Division of Urology, Department of Surgery, Hospital of University of Pennsylvania, Philadelphia, PA, USA.
Expert Rev Anticancer Ther. 2011 Jun;11(6):893-9. doi: 10.1586/era.11.68.
The treatment of renal cell carcinoma has evolved tremendously over the years. Initially the entire kidney was removed along with the renal tumor despite the size or extent of the mass. Early attempts to remove tumors with a normal surrounding parenchymal margin showed equivalent oncologic results in small renal masses. Attempts to preserve more renal parenchyma in patients with compromised renal function led to the enucleation of renal masses by blunt dissection following the natural plane between the peritumor pseudocapsule and the renal parenchyma. Enucleation of renal tumors has been especially useful for renal preservation in patients with preoperative renal insufficiency, solitary kidneys, multiple renal lesions and hereditary renal cell carcinoma syndromes. Comparable long-term progression and cancer-specific survival has been shown with tumor enucleation and standard partial nephrectomy. However, there has been considerable controversy regarding the safety of renal tumor enucleation due to histopathologic findings of pseudocapsule tumor invasion. Current data suggest that tumor enucleation is a safe alternative for small renal masses that are locally confined on preoperative imaging, easily delineated intraoperatively and do not appear to grossly invade beyond the pseudocapsule.

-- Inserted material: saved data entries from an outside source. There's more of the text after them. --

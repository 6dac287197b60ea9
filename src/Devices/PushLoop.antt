-- ===== src/Devices/PushLoop.antt =====
-- pushLoop of internal/devices/devices.go on its own, with no other call between its sections and
-- the registry open. What the transport does with a push is a function of the push, whose attempt
-- number tells the pushes of a version apart. Its events are those of the sections and left out.
use job_scheduler_tooling.Prelude.{
  ℕ, zero, suc, ◌+◌, ◌≤◌, ◌<◌, ◌≡◌, ◌⊎◌, inl, inr, refl, Bool, true, false, List, Option, none,
  some, arith, leb, ltb, ◌==◌, ==_iff, if_split, Bool-cases, String, ap, sym, ◌∙◌,
}
use job_scheduler_tooling.Prelude.Int.{pos, leb_ℤ}
use job_scheduler_tooling.Prelude.Partial.{Yields, yields, Yields-weaken}
use job_scheduler_tooling.Prelude.Dict.{Dict}
use job_scheduler_tooling.Queue.{Time}
use job_scheduler_tooling.Telemetry.{Event}
use job_scheduler_tooling.Devices.{
  Push, Ack, Sent, replied, unanswered, Options, Entry, Next, stops, sends, is_failed, loop_top,
  attempt_push, fresh_budget, loop_sent, accept_ack, set_config, ensure_loop,
}
use job_scheduler_tooling.Devices.Standing.{is_acked}

-- From the end of the first critical section on; `again` is the next round.
unfoldable pub after_top :
    (Entry → Option Entry) → (Push → Sent) → Time → Entry × List Event × Next → Option Entry
after_top again send now (e, _, stops) = some e
after_top again send now (e, _, sends p) = again (loop_sent now p (send p) e).0.0

-- The fuel bounds the rounds.
unfoldable pub push_loop : ℕ → Options → (Push → Sent) → Time → Entry → Option Entry
push_loop zero o send now e = none
push_loop (suc fuel) o send now e =
    after_top (push_loop fuel o send now) send now (loop_top o false now e)

-- The attempt of this number for an entry's desired version.
abbrev pub push_of : Entry → ℕ → Push
push_of e k = record {
  device_id = e.id;
  version = e.desired_version;
  config = e.config;
  attempt = k;
}

-- An ack of this version.
abbrev pub acks_version : ℕ → Sent → Bool
acks_version version (replied ack) = ack.version == version
acks_version version (unanswered err) = false

-- How the loop ends after `a` attempts, of `m`: with the desired version acknowledged by one of the
-- attempts that were left, or failed when none of these was answered so.
pub record Settled (send : Push → Sent) (m a : ℕ) (e e' : Entry) : Type 0 where
  pub over : e'.loop_running ≡ false
  pub same : e'.desired_version ≡ e.desired_version
  pub ends :
      ((is_acked e'.state ≡ true)
        × (e'.acked_version ≡ e.desired_version)
        × (k : ℕ) × (a < k)
        × (k ≤ m)
        × (acks_version e.desired_version (send (push_of e k)) ≡ true))
      ⊎ ((is_failed e'.state ≡ true)
          × ((k : ℕ) → a < k → k ≤ m → acks_version e.desired_version (send (push_of e k)) ≡ false))

-- An attempt that was not acknowledged.
later-Settled :
    (send : Push → Sent) (m : ℕ) (e e₁ e' : Entry)
    → e₁.id ≡ e.id
    → e₁.desired_version ≡ e.desired_version
    → e₁.config ≡ e.config
    → acks_version e.desired_version (send (push_of e (e.attempts + 1))) ≡ false
    → Settled send m (e.attempts + 1) e₁ e'
    → Settled send m e.attempts e e'
later-Settled send m e e₁ e' i d c missed s =
    let test = λ (k : ℕ). acks_version e.desired_version (send (push_of e k)) in
    let same_test : (k : ℕ) → acks_version e₁.desired_version (send (push_of e₁ k)) ≡ test k =
      λ k. rw (i, d, c) in
    record {
      over = s.over;
      same = s.same ∙ d;
      ends = elim s.ends [
        | inl (a, v, k, lt, le, hit) ↦
            inl (a, v ∙ d, k, omega (arith, lt), le, sym (same_test k) ∙ hit)
        | inr (f, none_hit) ↦ inr (
          f,
          λ k lt le. elim (Bool-cases (k == e.attempts + 1)) [
            | inl now ↦ let same : k ≡ e.attempts + 1 = (==_iff _ _).0 now in rw same missed
            | inr other ↦ sym (same_test k) ∙ none_hit k (ground (arith, other, lt)) le
          ],
        )
      ];
    }

module _ (o : Options) (send : Push → Sent) (now : Time) (m : ℕ)
    (max_is : o.max_attempts ≡ pos m) where
  -- An acknowledged entry stops the loop.
  stop_lem :
      (fuel : ℕ) (e : Entry)
      → e.acked_version ≡ e.desired_version
      → push_loop (suc fuel) o send now e ≡ some (record e { loop_running = false })
  unfolding push_loop loop_top after_top
  stop_lem fuel e h =
      if_split
        (λ (x : Entry × List Event × Next).
          after_top (push_loop fuel o send now) send now x
          ≡ some (record e { loop_running = false }))
        (leb e.desired_version e.acked_version) (λ _. refl) (λ no. absurd (ground (arith, no, h)))

  -- What the next rounds do, as the induction gives it.
  abbrev Again : ℕ → Type 0
  Again fuel =
      (e : Entry)
      → e.pushed_for ≡ e.desired_version
      → e.acked_version < e.desired_version
      → e.attempts ≤ m
      → m < fuel + e.attempts
      → Yields (Settled send m e.attempts e) (push_loop fuel o send now e)

  acked_settles :
      (fuel : ℕ) (e e₁ : Entry)
      → 0 < fuel
      → e₁.acked_version ≡ e₁.desired_version
      → e₁.desired_version ≡ e.desired_version
      → is_acked e₁.state ≡ true
      → e.attempts < m
      → acks_version e.desired_version (send (push_of e (e.attempts + 1))) ≡ true
      → Yields (Settled send m e.attempts e) (push_loop fuel o send now e₁)
  acked_settles zero e e₁ f same d a more hit = absurd (omega arith)
  acked_settles (suc fuel) e e₁ f same d a more hit = rw (stop_lem fuel e₁ same) (
      yields (record {
        over = refl;
        same = d;
        ends = inl (a, same ∙ d, e.attempts + 1, omega arith, omega (arith, more), hit);
      }))

  replied_settles :
      (fuel : ℕ)
      → Again fuel
      → (e : Entry) (ack : Ack) → e.pushed_for ≡ e.desired_version
      → e.acked_version < e.desired_version
      → m < suc fuel + e.attempts
      → e.attempts < m
      → send (push_of e (e.attempts + 1)) ≡ replied ack
      → Yields (Settled send m e.attempts e) (
          push_loop fuel o send now
            (loop_sent now
              (push_of e (e.attempts + 1))
              (replied ack)
              (record e { attempts = e.attempts + 1 })).0.0)
  unfolding loop_sent accept_ack
  replied_settles fuel ih e ack p lt f more is =
      let e₁ : Entry = record e { attempts = e.attempts + 1 } in
      if_split
        (λ (x : (Entry × List Event) × Bool).
          Yields (Settled send m e.attempts e) (push_loop fuel o send now x.0.0))
        (ack.version == e.desired_version)
        (λ hit.
          if_split
            (λ (x : Entry × List Event).
              Yields (Settled send m e.attempts e) (push_loop fuel o send now x.0))
            (ltb e.acked_version ack.version)
            (λ _.
              acked_settles fuel e _ (omega (arith, f, more)) ((==_iff _ _).0 hit) refl refl more
                (rw is hit))
            (λ old. absurd (ground (arith, old, hit, lt))))
        (λ missed.
          Yields-weaken (ih e₁ p lt (omega (arith, more)) (omega (arith, f)))
            (λ e' s. later-Settled send m e e₁ e' refl refl refl (rw is missed) s))

  sent_settles :
      (fuel : ℕ)
      → Again fuel
      → (e : Entry) (s : Sent) → e.pushed_for ≡ e.desired_version
      → e.acked_version < e.desired_version
      → m < suc fuel + e.attempts
      → e.attempts < m
      → send (push_of e (e.attempts + 1)) ≡ s
      → Yields (Settled send m e.attempts e) (
          push_loop fuel o send now
            (loop_sent now
              (push_of e (e.attempts + 1))
              s
              (record e { attempts = e.attempts + 1 })).0.0)
  unfolding loop_sent
  sent_settles fuel ih e (replied ack) p lt f more is = replied_settles fuel ih e ack p lt f more is
  sent_settles fuel ih e (unanswered err) p lt f more is =
      Yields-weaken
        (ih (record e { attempts = e.attempts + 1; last_error = err }) p lt (omega (arith, more))
          (omega (arith, f)))
        (λ e' s. later-Settled send m e _ e' refl refl refl (rw is refl) s)

  pub settles : (fuel : ℕ) → Again fuel
  unfolding push_loop loop_top after_top fresh_budget attempt_push
  settles zero e p lt le f = absurd (omega arith)
  settles (suc fuel) e p lt le f =
      let Good : Entry × List Event × Next → Type 0 = λ x.
        Yields (Settled send m e.attempts e) (after_top (push_loop fuel o send now) send now x) in
      if_split Good (leb e.desired_version e.acked_version)
        (λ done. absurd (ground (arith, done, lt)))
        (λ _.
          if_split (λ e₁. Good (attempt_push o now e₁)) (e.pushed_for == e.desired_version)
            (λ _.
              if_split Good (leb_ℤ o.max_attempts (pos e.attempts))
                (λ out. yields (record {
                  over = refl;
                  same = refl;
                  ends = inr (refl, λ k gt le. absurd (ground (arith, out, max_is, gt, le)));
                }))
                (λ more.
                  sent_settles fuel (settles fuel) e _ p lt f (ground (arith, more, max_is)) refl))
            (λ other. absurd (ground (arith, other, p))))

-- The first round for a version whose pushes have not been counted yet.
fresh_lem :
    (o : Options) (now : Time) (e : Entry)
    → e.acked_version < e.desired_version
    → (e.pushed_for == e.desired_version) ≡ false
    → loop_top o false now e
      ≡ loop_top o false now (record e { pushed_for = e.desired_version; attempts = 0 })
unfolding loop_top fresh_budget
fresh_lem o now e lt stale =
    let here : leb e.desired_version e.acked_version ≡ false = ground arith in
    let fresh : (e.desired_version == e.desired_version) ≡ true = ground arith in
    rw (here, stale, fresh)

-- After SetConfig on an entry whose counter is about an older version, the push loop that it starts,
-- run on its own, ends within MaxAttempts + 1 rounds, whatever the transport does. If the transport
-- answers any of the first MaxAttempts pushes with an ack of the new version, the entry is then
-- acked at this version; if it answers none of them so, the entry is failed.
pub set_config-Settles :
    (o : Options) (send : Push → Sent) (now : Time) (cfg : Dict String) (m : ℕ) (e : Entry)
    → o.max_attempts ≡ pos m
    → e.acked_version ≤ e.desired_version
    → e.pushed_for ≤ e.desired_version
    → let e₁ = (set_config now cfg e).entry in
      Yields (Settled send m 0 e₁) (push_loop (suc m) o send now e₁)
unfolding set_config ensure_loop
set_config-Settles o send now cfg m e max_is le old =
    let e₁ : Entry = (set_config now cfg e).entry in
    let e₂ : Entry = record e₁ { pushed_for = e₁.desired_version; attempts = 0 } in
    let same : push_loop (suc m) o send now e₁ ≡ push_loop (suc m) o send now e₂ =
      unfold push_loop in
      ap (after_top (push_loop m o send now) send now)
        (fresh_lem o now e₁ (omega arith) (ground arith)) in
    rw same (
      Yields-weaken
        (settles o send now m max_is (suc m) e₂ refl (omega arith) (omega arith) (omega arith))
        (λ e' s. record { over = s.over; same = s.same; ends = s.ends }))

多年来,肾细胞癌的治疗方法有了很大的发展。最初,整个肾脏连同肾肿瘤一起被切除,无论肿瘤的大小或范围如何。早期尝试在正常周围实质边缘切除肿瘤,在小的肾肿瘤中显示出等效的肿瘤学结果。为了在肾功能受损的患者中保留更多的肾实质,尝试通过钝性解剖沿着肿瘤假包膜和肾实质之间的自然平面切除肾肿瘤。对于术前肾功能不全、单肾、多发肾病变和遗传性肾细胞癌综合征的患者,肾肿瘤剜除术特别有助于肾保留。肿瘤剜除术和标准部分肾切除术显示出可比的长期进展和癌症特异性生存。然而,由于假包膜肿瘤侵犯的组织病理学发现,肾肿瘤剜除术的安全性存在相当大的争议。目前的数据表明,肿瘤剜除术是一种安全的替代方法,适用于术前影像学显示局部局限、术中易于描绘且似乎不会明显侵犯假包膜的小肾肿瘤。